The AMD Zen and Ryzen 7 Review: A Deep Dive on 1800X, 1700X and 1700
by Ian Cutress on March 2, 2017 9:00 AM ESTThoughts and Comparisons
Throughout AMD's road to releasing details on Zen, we have had a chance to examine the information on the microarchitecture often earlier than we had expected to each point in the Zen design/launch cycle. Part of this is due to the fact that internally, AMD is very proud of their design, but some extra details (such as the extent of XFR, or the size of the micro-op cache), AMD has held close to its chest until the actual launch. With the data we have at hand, we can fill out a lot of information for a direct comparison chart to AMD’s last product and Intel’s current offerings.
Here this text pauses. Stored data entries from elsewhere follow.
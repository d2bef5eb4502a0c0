-- ===== src/Prompt.antt =====
-- internal/agent/knowlega/promptbudget/promptbudget.go over texts as their runes.
pub mod Bounds
mod Tests
use Prim.Native.Char.{code}
use Prim.Native.String.{String}
use knowlega.Base.{
  ℕ, ◌+◌, ◌-◌, ◌/◌, Bool, List, [], ◌∷◌, ◌++◌, ltb, leb, ◌=ℕ◌, if◌then◌else◌, length, take, drop,
}

abbrev pub Runes : Type 0
Runes = List ℕ

abbrev pub runes : String → Runes
runes String.[] = []
runes (String.◌∷◌ c s) = code c ∷ runes s

unfoldable pub truncation_marker : Runes
truncation_marker =
    10
    ∷ 10
    ∷ (runes "[...prompt context truncated to stay within the configured LLM input budget...]"
        ++ (10 ∷ 10 ∷ []))

-- A bound that is not positive is 0 here.
unfoldable pub trim_middle : Runes → ℕ → Runes
trim_middle text max_runes =
    if max_runes =ℕ 0
    then []
    else if leb (length text) max_runes
    then text
    else if leb max_runes (length truncation_marker)
    then take max_runes text
    else let remaining = max_runes - length truncation_marker in
      let head = remaining / 2 in
      let tail = remaining - head in
      take head text ++ (truncation_marker ++ drop (length text - tail) text)

abbrev pub ellipsis : Runes
ellipsis = 46 ∷ 46 ∷ 46 ∷ []

unfoldable pub trim_end : Runes → ℕ → Runes
trim_end text max_runes =
    if max_runes =ℕ 0
    then []
    else if leb (length text) max_runes
    then text
    else if leb max_runes 3
    then take max_runes text
    else take (max_runes - 3) text ++ ellipsis

abbrev pub separator_reserve : ℕ
separator_reserve = 64

abbrev pub system_budget : ℕ → ℕ
system_budget max_input = let third = max_input / 3 in if ltb third 512 then 512 else third

-- `userBudget < 0` is a sum that passes the bound; a negative budget ends as 0, as `-` does.
unfoldable pub budget_chat_input : Runes → Runes → ℕ → Runes × Runes
budget_chat_input system user max_input =
    if max_input =ℕ 0
    then (system, user)
    else if leb (length system + length user + separator_reserve) max_input
    then (system, user)
    else let system' =
        if ltb max_input (length system + separator_reserve)
        then trim_end system (system_budget max_input)
        else system in
      (system', trim_middle user (max_input - length system' - separator_reserve))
| CPU uArch Comparison | ||||
| AMD | Intel | |||
| Zen 8C/16T 2017 |
Bulldozer 4M / 8T 2010 |
Skylake Kaby Lake 4C / 8T 2015/7 |
Broadwell 8C / 16T 2014 |
|
| L1-I Size | 64KB/core | 64KB/module | 32KB/core | 32KB/core |
| L1-I Assoc | 4-way | 2-way | 8-way | 8-way |
| L1-D Size | 32KB/core | 16KB/thread | 32KB/core | 32KB/core |
| L1-D Assoc | 8-way | 4-way | 8-way | 8-way |
| L2 Size | 512KB/core | 1MB/thread | 256KB/core | 256KB/core |
| L2 Assoc | 8-way | 16-way | 4-way | 8-way |
| L3 Size | 2MB/core | 1MB/thread | >2MB/cire | 1.5-3MB/core |
| L3 Assoc | 16-way | 64-way | 16-way | 16/20-way |
| L3 Type | Victim | Victim | Write-back | Write-back |
| L0 ITLB Entry | 8 | - | - | - |
| L0 ITLB Assoc | ? | - | - | - |
| L1 ITLB Entry | 64 | 72 | 128 | 128 |
| L1 ITLB Assoc | ? | Full | 8-way | 4-way |
| L2 ITLB Entry | 512 | 512 | 1536 | 1536 |
| L2 ITLB Assoc | ? | 4-way | 12-way | 4-way |
| L1 DTLB Entry | 64 | 32 | 64 | 64 |
| L1 DTLB Assoc | ? | Full | 4-way | 4-way |
| L2 DTLB Entry | 1536 | 1024 | - | - |
| L2 DTLB Assoc | ? | 8-way | - | - |
| Decode | 4 uops/cycle | 4 Mops/cycle | 5 uops/cycle | 4 uops/cycle |
| uOp Cache Size | 2048 | - | 1536 | 1536 |
| uOp Cache Assoc | ? | - | 8-way | 8-way |
| uOp Queue Size | ? | - | 128 | 64 |
| Dispatch / cycle | 6 uops/cycle | 4 Mops/cycle | 6 uops/cycle | 4 uops/cycle |
| INT Registers | 168 | 160 | 180 | 168 |
| FP Registers | 160 | 96 | 168 | 168 |
| Retire Queue | 192 | 128 | 224 | 192 |
| Retire Rate | 8/cycle | 4/cycle | 8/cycle | 4/cycle |
| Load Queue | 72 | 40 | 72 | 72 |
| Store Queue | 44 | 24 | 56 | 42 |
| ALU | 4 | 2 | 4 | 4 |
| AGU | 2 | 2 | 2+2 | 2+2 |
| FMAC | 2x128-bit | 2x128-bit 2x MMX 128-bit |
2x256-bit | 2x256-bit |
Bulldozer uses AMD-coined macro-ops, or Mops, which are internal fixed length instructions and can account for 3 smaller ops. These AMD Mops are different to Intel's 'macro-ops', which are variable length and different to Intel's 'micro-ops', which are simpler and fixed-length.
Excavator has a number of improvements over Bulldozer, such as a larger L1-D cache and a 768-entry L1 BTB size, however we were never given a full run-down of the core in a similar fashion and no high-end desktop version of Excavator will be made.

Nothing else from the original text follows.